(Stored data)
____________
-- ===== src/Send.antt =====
-- What a reply advertises: the choice of the route in eigrpd/eigrp_packetizer.c.
pub mod Poison
use eigrpd.Base.{ℕ, Bool, true, false, Option, none, some, List, [], ◌∷◌, if◌then◌else◌}
use eigrpd.Metric.{max_metric}
use eigrpd.LinkList.{LinkList}
use eigrpd.State.{
  TopologyType, connected, remote, remote_external, Work, M, pure, ◌>>=◌, ◌>>◌, load_prefix,
  update_route,
}
use eigrpd.Topology.{route_create}
use eigrpd.Topology.Table.{get_successor}
use eigrpd.Topology.Distance.{is_external}
use eigrpd.Fsm.Event.{head?}

-- EIGRP_TLV_IPv4_INT and EIGRP_TLV_IPv4_EXT
abbrev pub tlv_ipv4 : Bool → ℕ
tlv_ipv4 external = if external then 0x0103 else 0x0102

-- eigrp_packetizer_poison_route_create: a fresh route that says the destination is unreachable.
unfoldable pub poison_route_create : ℕ → M ℕ
poison_route_create p = do
  d ← load_prefix p
  route ← route_create none
  update_route route (λ r. record r {
    prefix = some p;
    dest = d.destination;
    type = tlv_ipv4 (is_external d.nt);
    metric = record d.reported_metric { delay = max_metric; flags = 0 };
  })
  pure route

module _ ⦃ll : LinkList⦄ where
  abbrev pub first : Option (List ℕ) → Option ℕ
  first none = none
  first (some l) = head? l

  abbrev or_poison : ℕ → Option ℕ → M (ℕ × Bool)
  or_poison p none = do route ← poison_route_create p; pure (route, true)
  or_poison p (some route) = pure (route, false)

  -- The route that eigrp_packetizer_neighbor_route_send advertises, and whether it frees it.
  unfoldable pub advertised_route : Option ℕ → ℕ → M (ℕ × Bool)
  advertised_route (some route) p = pure (route, false)
  advertised_route none p = do found ← get_successor p; or_poison p (first found)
____________
* _The problem_
Check the data for the word "then" and pull out the lines that have it.

* _Solution for this task_
use eigrpd.Base.{ℕ, Bool, true, false, Option, none, some, List, [], ◌∷◌, if◌then◌else◌}
tlv_ipv4 external = if external then 0x0103 else 0x0102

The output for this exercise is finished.